I would write something like this, didn't test if this compiles, but you get the idea:
template <typename Iterator>
std::pair<Iterator, Iterator> find_best_pair(Iterator first, Iterator last, const typename Iterator::value_type & val)
{
std::pair<Iterator, Iterator> result(last, last);
typename Iterator::difference_type size = std::distance(first, last);
if (size == 2)
{
// if the container is of size 2, the answer is the two elements
result.first = first;
result.first = first;
++result.first;
}
else
{
// must be of at lease size 3
if (size > 2)
{
Iterator second = first;
++second;
Iterator prev_last = last;
--prev_last;
Iterator it(std::lower_bound(second, last, val));
if (it != last)
{
result.first = it;
result.second = it;
if (it != prev_last)
{
// if this is not the previous last
// then the answer is (it, it + 1)
++result.second;
}
else
{
// if this the previous last
// then the answer is (it - 1, it)
--result.first;
}
}
}
}
return result;
}
I wrote up this little function, which seems to fit the more general case you wanted.

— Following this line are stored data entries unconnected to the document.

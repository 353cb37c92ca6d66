-- ===== src/Files.antt =====
-- apps/api/src/files: presigned uploads and downloads with byte ranges. The object store itself is
-- S3's; a download names the object and the bytes that it streams.
pub mod Range
pub mod Handlers
pub mod Served
pub mod Tests
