-- ===== src/Kmalloc/Round.antt =====
-- One round of `kmalloc_init`: the header of a new block, and the link of the block before it.
use stak_os.Base.{
  ℕ, ◌+◌, ◌-◌, ◌*◌, ◌/◌, ◌%◌, ◌<◌, ◌≡◌, ◌≢◌, ◌⊎◌, inl, inr, refl, ◌∙◌, true, List, [], ◌∷◌, ◌==◌,
  if◌then◌else◌, arith, Bool-cases,
}
use stak_os.Base.Words.{u32_mod}
use stak_os.Memory.{Mem, load32, store32_ne}
use stak_os.Memory.Writes.{
  SameBelow, writes, word_after, load32-store32, load32-writes, writes-Spares,
}
use stak_os.Pmm.{page_size, max_frames}
use stak_os.Kmalloc.{block_header_size, block_magic, next, set_magic, set_size, set_free, set_next}
use stak_os.Kmalloc.Chain.{Block, HasHeader}

-- The block that a frame becomes.
abbrev pub frame_block : ℕ → Block
frame_block f = record {
  addr = f * page_size;
  bytes = page_size - block_header_size;
  is_free = true;
}

-- The stores for the header of a new block.
abbrev header_writes : ℕ → List (ℕ × ℕ)
header_writes a =
    (a, block_magic) ∷ (a + 4, page_size - block_header_size) ∷ (a + 8, 1) ∷ (a + 12, 0) ∷ []

-- One round for frame `f`, with `g` the frame of the round before, 0 in the first one.
module _ (g f : ℕ) (m : Mem) (above : g < f) (l : f < max_frames) where
  unfoldable pub round : Mem
  round =
      let m' =
        set_next
          (set_free
            (set_size (set_magic m (f * page_size) block_magic) (f * page_size)
              (page_size - block_header_size))
            (f * page_size) 1)
          (f * page_size) 0 in
      if g * page_size == 0 then m' else set_next m' (g * page_size) (f * page_size)

  word :
      (a : ℕ)
      → a % 4 ≡ 0
      → load32 round a ≡ (
          if g * page_size == 0
          then word_after a (load32 m a) (header_writes (f * page_size))
          else if g * page_size + 12 == a
          then f * page_size % u32_mod
          else word_after a (load32 m a) (header_writes (f * page_size)))
  unfolding round
  word a q = elim (Bool-cases (g * page_size == 0)) [
    | inl e ↦ rw e (load32-writes (header_writes (f * page_size)) m a (omega arith) q)
    | inr e ↦ rw e (
        load32-store32 (writes m (header_writes (f * page_size))) (g * page_size + 12) a
          (f * page_size) (omega arith) q
        ∙ rw (load32-writes (header_writes (f * page_size)) m a (omega arith) q) refl)
  ]

  pub round-HasHeader : HasHeader round (frame_block f)
  round-HasHeader = record {
    is_magic = ground (arith, word (f * page_size));
    has_size = ground (arith, word (f * page_size + 4));
    has_free = ground (arith, word (f * page_size + 8));
  }

  pub round-next : next round (f * page_size) ≡ 0
  round-next = ground (arith, word (f * page_size + 12))

  pub round-linked : g ≢ 0 → next round (g * page_size) ≡ f * page_size
  round-linked nz = ground (arith, word (g * page_size + 12))

  pub round-keeps : g ≢ 0 → HasHeader m (frame_block g) → HasHeader round (frame_block g)
  round-keeps nz h = record {
    is_magic = ground (arith, word (g * page_size), h.is_magic);
    has_size = ground (arith, word (g * page_size + 4), h.has_size);
    has_free = ground (arith, word (g * page_size + 8), h.has_free);
  }

  -- Bytes below the last block stay.
  pub round-SameBelow : SameBelow (g * page_size) m round
  unfolding round
  round-SameBelow x below = elim (Bool-cases (g * page_size == 0)) [
    | inl e ↦ absurd (ground arith)
    | inr e ↦ rw e (
        store32_ne (writes m (header_writes (f * page_size))) (g * page_size + 12) x _ (omega arith)
        ∙ writes-Spares (header_writes (f * page_size)) m x (ground arith))
  ]

  -- So do bytes outside the frames of the two blocks.
  pub round-outside : (x : ℕ) → x / page_size ≢ f → (g ≡ 0) ⊎ (x / page_size ≢ g) → round x ≡ m x
  unfolding round
  round-outside x ne old = elim (Bool-cases (g * page_size == 0)) [
    | inl e ↦ rw e (writes-Spares (header_writes (f * page_size)) m x (ground arith))
    | inr e ↦ rw e (
        store32_ne (writes m (header_writes (f * page_size))) (g * page_size + 12) x _
          (ground arith)
        ∙ writes-Spares (header_writes (f * page_size)) m x (ground arith))
  ]
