-- ===== src/Kmalloc/Init.antt =====
-- `kmalloc_init`: the frames that the PMM hands out become the blocks of the heap, in address order.
use stak_os.Base.{
  ℕ, zero, suc, ◌+◌, ◌*◌, ◌/◌, ◌≤◌, ◌<◌, ◌≡◌, ◌≢◌, ◌⊎◌, inl, inr, refl, ap, ◌∙◌, sym, none, some,
  Option, List, [], ◌∷◌, ◌==◌, if◌then◌else◌, map, length, arith, ne→==,
}
use native.Mathlib.Decide.{dec_lt}
use stak_os.Base.Words.{add32}
use stak_os.Memory.{Mem}
use stak_os.Base.Distinct.{NotIn}
use stak_os.Memory.Writes.{SameBelow, load32-SameBelow}
use stak_os.Pmm.{Pmm, page_size, max_frames, frame_test, pmm_alloc_frame}
use stak_os.Pmm.Alloc.{IsValid, Differs, Allocates, alloc_result, alloc-IsValid}
use stak_os.Pmm.Scan.{FirstFree}
use stak_os.Pmm.Taken.{Taken, Taken-none, Taken-cons}
use stak_os.Kmalloc.{Heap, next, init_loop, kmalloc_init}
use stak_os.Kmalloc.Chain.{block_end, HasHeader, Chain, Ordered, Ordered-weaken, HasHeader-same}
use stak_os.Kmalloc.Calls.{IsHeap}
use stak_os.Kmalloc.Round.{
  frame_block, round, round-HasHeader, round-next, round-linked, round-keeps, round-SameBelow,
  round-outside,
}

-- No frame is free.
abbrev pub Exhausted : Pmm → Type 0
Exhausted p = (g : ℕ) → g < max_frames → frame_test p.bitmap g ≡ 1

-- The state between two rounds, with `g` the frame of the last block.
record Building (k g : ℕ) (h : Heap) (m : Mem) (p : Pmm) : Type 0 where
  valid : IsValid k p
  used : (e : ℕ) → e ≤ g → frame_test p.bitmap e ≡ 1
  in_ram : g < max_frames
  so_far : h.heap_total_bytes ≤ g * page_size
  not_first : g ≢ 0
  started : h.heap_start ≢ 0
  header : HasHeader m (frame_block g)
  last : next m (g * page_size) ≡ 0

-- What the other rounds give.
record Built (k pages g : ℕ) (h : Heap) (m : Mem) (p : Pmm) (r : Heap × Mem × Pmm) : Type 0 where
  ns : List ℕ
  taken : Taken k p (r.2) ns
  chain : Chain (r.1) (g * page_size) (frame_block g ∷ map frame_block ns)
  ordered : Ordered (g * page_size) (frame_block g ∷ map frame_block ns)
  below : SameBelow (g * page_size) m (r.1)
  outside : (x : ℕ) → NotIn (x / page_size) (g ∷ ns) → (r.1) x ≡ m x
  start : r.0.heap_start ≡ h.heap_start
  total : r.0.heap_total_bytes ≡ h.heap_total_bytes + length ns * page_size
  count : (length ns ≡ pages) ⊎ ((length ns < pages) × Exhausted (r.2))

Built-none :
    {k pages g : ℕ} {h : Heap} {m : Mem} {p : Pmm}
    → Building k g h m p
    → (pages ≡ 0) ⊎ ((0 < pages) × Exhausted p)
    → Built k pages g h m p (h, m, p)
Built-none {k} {pages} {g} {h} {m} {p} b ended = record {
  ns = [];
  taken = Taken-none k p b.valid;
  chain = (refl, b.header, b.last);
  ordered = omega (arith, b.in_ram, b.not_first);
  below = λ a l. refl;
  outside = λ x out. refl;
  start = refl;
  total = omega arith;
  count = elim ended [ inl e ↦ inl (sym e) | inr full ↦ inr full ];
}

-- The state behind a round that gets frame `f`.
abbrev next_heap : Heap → ℕ → Heap
next_heap h f = record {
  heap_start = if h.heap_start == 0 then f * page_size else h.heap_start;
  heap_total_bytes = add32 h.heap_total_bytes page_size;
}

module _ {k g f : ℕ} (h : Heap) (m : Mem) (p p1 : Pmm) (above : g < f) (l : f < max_frames)
    (d : Differs p.bitmap p1.bitmap f 1) (v : IsValid k p1) where
  Building-next :
      h.heap_total_bytes ≤ g * page_size
      → ((e : ℕ) → e < f → frame_test p.bitmap e ≡ 1)
      → Building k f (next_heap h f) (round g f m above l) p1
  Building-next small below = record {
    valid = v;
    used = λ e le. d e ∙ ground (arith, below e);
    in_ram = l;
    so_far = omega arith;
    not_first = omega arith;
    started = ground arith;
    header = round-HasHeader g f m above l;
    last = round-next g f m above l;
  }

  Built-cons :
      {pages : ℕ} {r : Heap × Mem × Pmm}
      → Building k g h m p
      → frame_test p.bitmap f ≡ 0
      → p1.free_frames + 1 ≡ p.free_frames
      → Built k pages f (next_heap h f) (round g f m above l) p1 r
      → Built k (suc pages) g h m p r
  Built-cons {pages} {r} b free c t =
      let header =
        HasHeader-same (round g f m above l) (r.1) (frame_block g)
          (inr (λ x le. t.below x (omega (arith, above))))
          (round-keeps g f m above l b.not_first b.header) in
      let link : next (r.1) (g * page_size) ≡ f * page_size =
        load32-SameBelow (round g f m above l) (r.1) (f * page_size) (g * page_size + 12) t.below
          (omega (arith, above))
        ∙ round-linked g f m above l b.not_first in
      record {
        ns = f ∷ t.ns;
        taken = Taken-cons f l free d c t.taken;
        chain = (refl, header, rw link t.chain);
        ordered = (
          omega arith,
          omega (arith, b.not_first),
          omega arith,
          refl,
          Ordered-weaken (block_end (frame_block g)) (f * page_size) (map frame_block (f ∷ t.ns))
              (omega (arith, above)) t.ordered,
        );
        below = λ x le. t.below x (omega (arith, above)) ∙ round-SameBelow g f m above l x le;
        outside = λ x (ne, out). t.outside x out ∙ round-outside g f m above l x (out.0) (inr ne);
        start = t.start ∙ rw (ne→== h.heap_start 0 b.started) refl;
        total = omega (arith, t.total, b.so_far, b.in_ram);
        count = elim t.count [
          | inl e ↦ inl (ap suc e)
          | inr (less, full) ↦ inr (omega arith, full)
        ];
      }

build_round :
    (k pages g : ℕ) (h : Heap) (m : Mem) (p : Pmm) (o : Option ℕ)
    → FirstFree p.bitmap 0 max_frames o
    → Allocates p o
    → Building k g h m p
    → ((f : ℕ) (h1 : Heap) (m1 : Mem) (p1 : Pmm)
        → Building k f h1 m1 p1
        → Built k pages f h1 m1 p1 (init_loop pages (f * page_size) h1 m1 p1))
    → Built k (suc pages) g h m p (init_loop (suc pages) (g * page_size) h m p)
unfolding init_loop round
build_round k pages g h m p none found failed b rest =
    rw failed (Built-none b (inr (omega arith, λ e l. found e (omega arith) l)))
build_round k pages g h m p (some f) (_, l, free, below) (e, d, c, w) b rest =
    let above : g < f = elim (dec_lt g f) [
      | yes y ↦ y
      | no n ↦ absurd (omega (arith, free, b.used f (omega arith)))
    ] in
    let p1 : Pmm = (pmm_alloc_frame p).1 in
    let b1 : Building k f (next_heap h f) (round g f m above l) p1 =
      Building-next h m p p1 above l d (alloc-IsValid b.valid) b.so_far
        (λ x y. below x (omega arith) y) in
    rw (e, ne→== (f * page_size) 0 (omega (arith, above)))
      (Built-cons h m p p1 above l d (alloc-IsValid b.valid) b free c
        (rest f (next_heap h f) (round g f m above l) p1 b1))

build :
    (k pages g : ℕ) (h : Heap) (m : Mem) (p : Pmm)
    → Building k g h m p
    → Built k pages g h m p (init_loop pages (g * page_size) h m p)
unfolding init_loop
build k zero g h m p b = Built-none b (inl refl)
build k (suc pages) g h m p b =
    let (o, found, answer) = alloc_result b.valid in
    build_round k pages g h m p o found answer b (λ f h1 m1 p1 b1. build k pages f h1 m1 p1 b1)

-- What `kmalloc_init` gives: `ns` are the frames that it takes.
pub record Initialised (k pages : ℕ) (m : Mem) (p : Pmm) (r : Heap × Mem × Pmm) : Type 0 where
  pub ns : List ℕ
  pub taken : Taken k p (r.2) ns
  pub heap : IsHeap (r.1) (r.0) (map frame_block ns)
  pub outside : (x : ℕ) → NotIn (x / page_size) ns → (r.1) x ≡ m x
  pub total : r.0.heap_total_bytes ≡ length ns * page_size
  pub count : (length ns ≡ pages) ⊎ ((length ns < pages) × Exhausted (r.2))

module _ {k : ℕ} {p : Pmm} (m : Mem) (v : IsValid k p) (reserved : frame_test p.bitmap 0 ≡ 1) where
  abbrev at_rest : Heap
  at_rest = record { heap_start = 0; heap_total_bytes = 0 }

  Initialised-none :
      (pages : ℕ)
      → (pages ≡ 0) ⊎ ((0 < pages) × Exhausted p)
      → Initialised k pages m p (at_rest, m, p)
  Initialised-none pages ended = record {
    ns = [];
    taken = Taken-none k p v;
    heap = record { chain = refl; ordered = omega arith };
    outside = λ x out. refl;
    total = refl;
    count = elim ended [ inl e ↦ inl (sym e) | inr full ↦ inr full ];
  }

  first_round :
      (pages : ℕ) (o : Option ℕ)
      → FirstFree p.bitmap 0 max_frames o
      → Allocates p o
      → Initialised k (suc pages) m p (init_loop (suc pages) 0 at_rest m p)
  unfolding init_loop round
  first_round pages none found failed =
      rw failed (Initialised-none (suc pages) (inr (omega arith, λ e l. found e (omega arith) l)))
  first_round pages (some f) (_, l, free, below) (e, d, c, w) =
      let above : 0 < f = elim (dec_lt 0 f) [
        | yes y ↦ y
        | no n ↦
            let z : f ≡ 0 = omega arith in
            absurd (omega (arith, free, reserved, ap (λ x. frame_test p.bitmap x) z))
      ] in
      let p1 : Pmm = (pmm_alloc_frame p).1 in
      let h1 : Heap = next_heap at_rest f in
      let m1 : Mem = round 0 f m above l in
      let b1 : Building k f h1 m1 p1 =
        Building-next at_rest m p p1 above l d (alloc-IsValid v) (omega arith)
          (λ x y. below x (omega arith) y) in
      let t : Built k pages f h1 m1 p1 (init_loop pages (f * page_size) h1 m1 p1) =
        build k pages f h1 m1 p1 b1 in
      rw (e, ne→== (f * page_size) 0 (omega (arith, above)))
        (record {
          ns = f ∷ t.ns;
          taken = Taken-cons f l free d c t.taken;
          heap = record {
            chain = rw t.start t.chain;
            ordered =
                Ordered-weaken 0 (f * page_size) (map frame_block (f ∷ t.ns)) (omega arith)
                  t.ordered;
          };
          outside = λ x out. t.outside x out ∙ round-outside 0 f m above l x (out.0) (inl refl);
          total = omega (arith, t.total);
          count = elim t.count [
            | inl e ↦ inl (ap suc e)
            | inr (less, full) ↦ inr (omega arith, full)
          ];
        })

  -- With a valid counter, frame 0 in use and the statics of the heap still 0, `kmalloc_init` leaves a
  -- well-formed heap: each frame that it takes, and no other one, is a free block of 4080 bytes, in
  -- address order, `heap_total_bytes` counts their bytes, and no byte outside those frames changes. It takes as many frames as it is asked
  -- for, or every frame there is.
  pub kmalloc_init-Initialised :
      (pages : ℕ)
      → Initialised k pages m p
          (kmalloc_init pages (record { heap_start = 0; heap_total_bytes = 0 }) m p)
  unfolding kmalloc_init
  kmalloc_init-Initialised zero = Initialised-none zero (inl refl)
  kmalloc_init-Initialised (suc pages) =
      let (o, found, answer) = alloc_result v in
      rw (ne→== (suc pages) 0 (omega arith)) (first_round pages o found answer)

I haven't tested it totally, but I did write a little test code (included).
#include <algorithm>
#include <iostream>
#include <vector>
template <class RandomAccessIt, class Container, class T>
std::pair<RandomAccessIt, RandomAccessIt> bracket_range(RandomAccessIt begin, RandomAccessIt end, Container& c, T val)
{
typename Container::iterator first;
typename Container::iterator second;
first = std::find(begin, end, val);
//Find the first value after this by iteration
second = first;
if (first == begin){ // Found the first element, so set this to end to indicate no lower values
first = end;
}
else if (first != end && first != begin) --first; //Set this to the first value before the found one, if the value was found
while (second != end && *second == val) ++second;
return std::make_pair(first,second);
}
int main(int argc, _TCHAR* argv[])
{
std::vector<int> values;
std::pair<std::vector<int>::iterator, std::vector<int>::iterator> vals;
for (int i = 1; i < 9; ++i) values.push_back(i);
for (int i = 0; i < 10; ++i){
vals = bracket_range(values.begin(), values.end(),values, i);
if (vals.first == values.end() && vals.second == values.end()){ // Not found at all
std::cout << i << " is not in the container." << std::endl;
}
else if (vals.first == values.end()){ // No value lower
std::cout << i << ": " << "None Lower," << *(vals.second) << std::endl;
}
else if (vals.second == values.end()) { // No value higher
std::cout << i << ": " << *(vals.first) << ", None Higher" << std::endl;
}
else{
std::cout << i << ": " << *(vals.first) << "," << *(vals.second) << std::endl;
}
}
return 0;
}
Based on the code that tunnuz posted, here you have some improvements regarding bound checking:
template<typename T>
void find_enclosing_values(const std::vector<T> &vec, const T &value, T &lower, T &upper, const T &invalid_value)
{
std::vector<T>::const_iterator it = vec.begin();
while (it != vec.end() && *it < value)
++it;
if(it != vec.end())
upper = *it;
else
upper = invalid_value;
if(it == vec.begin())
lower = invalid_value;
else
lower = *(--it);
}
Example of usage:
std::vector<int> v;
v.push_back(3);
v.push_back(7);
v.push_back(10);
int lower, upper;
find_enclosing_values(v, 4, lower, upper, -1);
std::cout<<"lower "<<lower<<" upper "<<upper<<std::endl;
If you have the ability to use some other data structure (not a vector), I'd suggest a B-tree. If you data is unchanging, I believe you can retrieve the result in constant time (logarithmic time at the worst).